* Problem to work on *
Reproduce the entries shown below only from the line with "index-closing fm rest" down to the line with "(t x : String)", keeping both end lines and copying each one exactly.

------ Input data

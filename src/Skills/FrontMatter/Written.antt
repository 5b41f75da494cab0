-- ===== src/Skills/FrontMatter/Written.antt =====
-- A front matter that is written between dashes is read back.
use neuralgentics_broker.Prelude.{
  ℕ, suc, ◌+◌, ◌≡◌, refl, ap, inl, inr, none, some, List, [], ◌∷◌, ◌++◌, arith, Option-cases, ok,
  length, take, All, Dict, drop, starts_with, index,
}
use neuralgentics_broker.Skills.{Workspace, Value}
use neuralgentics_broker.Skills.FrontMatter.{parse_skill_front_matter, closing, dashes, newline}

-- dashes do not reach over a new line
starts_with-newline :
    (n : List ℕ) (xs rest : List ℕ)
    → All (λ (c : ℕ). c ≡ b'-') n
    → starts_with n (xs ++ 10 ∷ rest) ≡ starts_with n xs
unfolding starts_with
starts_with-newline [] xs rest h = refl
starts_with-newline (c ∷ n) [] rest h = rw h.0 refl
starts_with-newline (c ∷ n) (x ∷ xs) rest h = ground (arith, starts_with-newline n xs rest h.1)

drop-append : (xs ys : List ℕ) (n : ℕ) → drop (length xs + n) (xs ++ ys) ≡ drop n ys
unfolding drop
drop-append [] ys n = ground arith
drop-append (x ∷ xs) ys n =
    let e : suc (length xs) + n ≡ suc (length xs + n) = omega arith in rw e (drop-append xs ys n)

take-append : (xs ys : List ℕ) → take (length xs) (xs ++ ys) ≡ xs
take-append [] ys = refl
take-append (x ∷ xs) ys = ap (◌∷◌ x) (take-append xs ys)

index-closing :
    (fm rest : List ℕ)
    → index closing fm ≡ none
    → index closing (fm ++ (closing ++ rest)) ≡ some (length fm)
unfolding index starts_with
index-closing [] rest h = refl
index-closing (c ∷ fm) rest h = elim (Option-cases (index closing fm)) [
  | inl absent ↦ ground (
    arith,
    starts_with-newline dashes fm (dashes ++ rest) (refl, (refl, (refl, tt))),
    index-closing fm rest absent,
  )
  | inr (i, found) ↦ ground (arith, found)
]

-- The text `---`, a front matter, `---` and a body, each on a line of its own, gives back what the
-- YAML parser makes of the front matter, and the body, if no line of the front matter but the first
-- begins with `---`.
pub parse_skill_front_matter-written :
    (w : Workspace) (fm body : List ℕ) (m : Dict Value)
    → index closing fm ≡ none
    → w.yaml fm ≡ some m
    → parse_skill_front_matter w (dashes ++ (newline ++ (fm ++ (closing ++ (newline ++ body)))))
      ≡ ok (m, body)
unfolding parse_skill_front_matter drop
parse_skill_front_matter-written w fm body m h y =
    rw
      (
        index-closing fm (newline ++ body) h,
        drop-append fm (closing ++ (newline ++ body)) 4,
        take-append fm (closing ++ (newline ++ body)),
        y,
      )
      refl
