-- ===== src/Skills/Tags/Merging.antt =====
-- What `mergeTags` makes of a skill's tags, and to which roles the skill is shown.
use neuralgentics_broker.Prelude.{
  String, ◌≡◌, refl, sym, ap, ◌∙◌, Bool, true, false, not, ◌&&◌, ◌||◌, Option, List, [], ◌∷◌, arith,
  ◌==◌, eq_iff, if◌then◌else◌, elem, elem-append, elem-keep_if,
}
use neuralgentics_broker.Skills.{ScopeFile}
use neuralgentics_broker.Skills.Tags.{
  Modifier, adds, removes, modifier_of, without, apply_modifier, merge_loop, yaml_tags, or_nil,
  merged_tags, merge_tags,
}

-- whether a tag is there after a modifier, and after all of them: the last that names it decides
abbrev pub decided : Bool → Modifier → String → Bool
decided there (adds x) t = if x == t then true else there
decided there (removes x) t = if x == t then false else there

abbrev pub verdict : Bool → List String → String → Bool
verdict there [] t = there
verdict there (tag ∷ tags) t = verdict (decided there (modifier_of tag) t) tags t

elem-without :
    (t x : String) (xs : List String) → elem t (without x xs) ≡ (not (x == t) && elem t xs)
elem-without t x xs = ground (arith, eq_iff t x, eq_iff x t, elem-keep_if t (λ y. not (y == x)) xs)

elem-apply_modifier :
    (merged seen : List String) (m : Modifier) (t : String)
    → ((x : String) → elem x merged ≡ elem x seen)
    → (elem t (apply_modifier (merged, seen) m).0 ≡ decided (elem t merged) m t)
      × (elem t (apply_modifier (merged, seen) m).1 ≡ decided (elem t merged) m t)
elem-apply_modifier merged seen (removes x) t k =
    ground (arith, k t, elem-without t x merged, elem-without t x seen)
elem-apply_modifier merged seen (adds x) t k =
    ground (arith, k t, elem-append t merged (x ∷ []), eq_iff x t, k x)

elem-merge_loop :
    (merged seen tags : List String) (t : String)
    → ((x : String) → elem x merged ≡ elem x seen)
    → elem t (merge_loop (merged, seen) tags).0 ≡ verdict (elem t merged) tags t
unfolding merge_loop
elem-merge_loop merged seen [] t h = refl
elem-merge_loop merged seen (tag ∷ tags) t h =
    let m = modifier_of tag in
    let acc = apply_modifier (merged, seen) m in
    elem-merge_loop acc.0 acc.1 tags t (λ x.
      (elem-apply_modifier merged seen m x h).0 ∙ sym (elem-apply_modifier merged seen m x h).1)
    ∙ ap (λ (b : Bool). verdict b tags t) (elem-apply_modifier merged seen m t h).0

pub elem-merged_tags :
    (fm_tags : List String) (o : Option (List String)) (t : String)
    → elem t (merged_tags fm_tags o) ≡ verdict (elem t (or_nil o)) fm_tags t
elem-merged_tags fm_tags o t = elem-merge_loop (or_nil o) (or_nil o) fm_tags t (λ x. refl)

-- The merged tags are the role's tags of the scope file, changed by the tags of the skill: whether a
-- tag is there is decided by the last of them that names it, `-tag` or `tag` or `+tag`, and by the
-- scope file if none does.
merge_tags-verdict :
    (fm_tags : List String) (role : String) (scope : ScopeFile) (t : String)
    → elem t (merge_tags fm_tags role scope).0
      ≡ verdict (elem t (or_nil (yaml_tags scope role))) fm_tags t
unfolding merge_tags
merge_tags-verdict [] role scope t = refl
merge_tags-verdict (tag ∷ tags) role scope t =
    elem-merged_tags (tag ∷ tags) (yaml_tags scope role) t

-- whether one of the role's tags is there after the skill's own
abbrev pub keeps_one : List String → List String → Bool
keeps_one fm_tags [] = false
keeps_one fm_tags (t ∷ ts) = verdict true fm_tags t || keeps_one fm_tags ts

------------

* Solution *
    index-closing fm rest absent,
  )
  | inr (i, found) ↦ ground (arith, found)
]

-- The text `---`, a front matter, `---` and a body, each on a line of its own, gives back what the
-- YAML parser makes of the front matter, and the body, if no line of the front matter but the first
-- begins with `---`.
pub parse_skill_front_matter-written :
    (w : Workspace) (fm body : List ℕ) (m : Dict Value)
    → index closing fm ≡ none
    → w.yaml fm ≡ some m
    → parse_skill_front_matter w (dashes ++ (newline ++ (fm ++ (closing ++ (newline ++ body)))))
      ≡ ok (m, body)
unfolding parse_skill_front_matter drop
parse_skill_front_matter-written w fm body m h y =
    rw
      (
        index-closing fm (newline ++ body) h,
        drop-append fm (closing ++ (newline ++ body)) 4,
        take-append fm (closing ++ (newline ++ body)),
        y,
      )
      refl
-- ===== src/Skills/Tags/Merging.antt =====
-- What `mergeTags` makes of a skill's tags, and to which roles the skill is shown.
use neuralgentics_broker.Prelude.{
  String, ◌≡◌, refl, sym, ap, ◌∙◌, Bool, true, false, not, ◌&&◌, ◌||◌, Option, List, [], ◌∷◌, arith,
  ◌==◌, eq_iff, if◌then◌else◌, elem, elem-append, elem-keep_if,
}
use neuralgentics_broker.Skills.{ScopeFile}
use neuralgentics_broker.Skills.Tags.{
  Modifier, adds, removes, modifier_of, without, apply_modifier, merge_loop, yaml_tags, or_nil,
  merged_tags, merge_tags,
}

-- whether a tag is there after a modifier, and after all of them: the last that names it decides
abbrev pub decided : Bool → Modifier → String → Bool
decided there (adds x) t = if x == t then true else there
decided there (removes x) t = if x == t then false else there

abbrev pub verdict : Bool → List String → String → Bool
verdict there [] t = there
verdict there (tag ∷ tags) t = verdict (decided there (modifier_of tag) t) tags t

elem-without :
    (t x : String) (xs : List String) → elem t (without x xs) ≡ (not (x == t) && elem t xs)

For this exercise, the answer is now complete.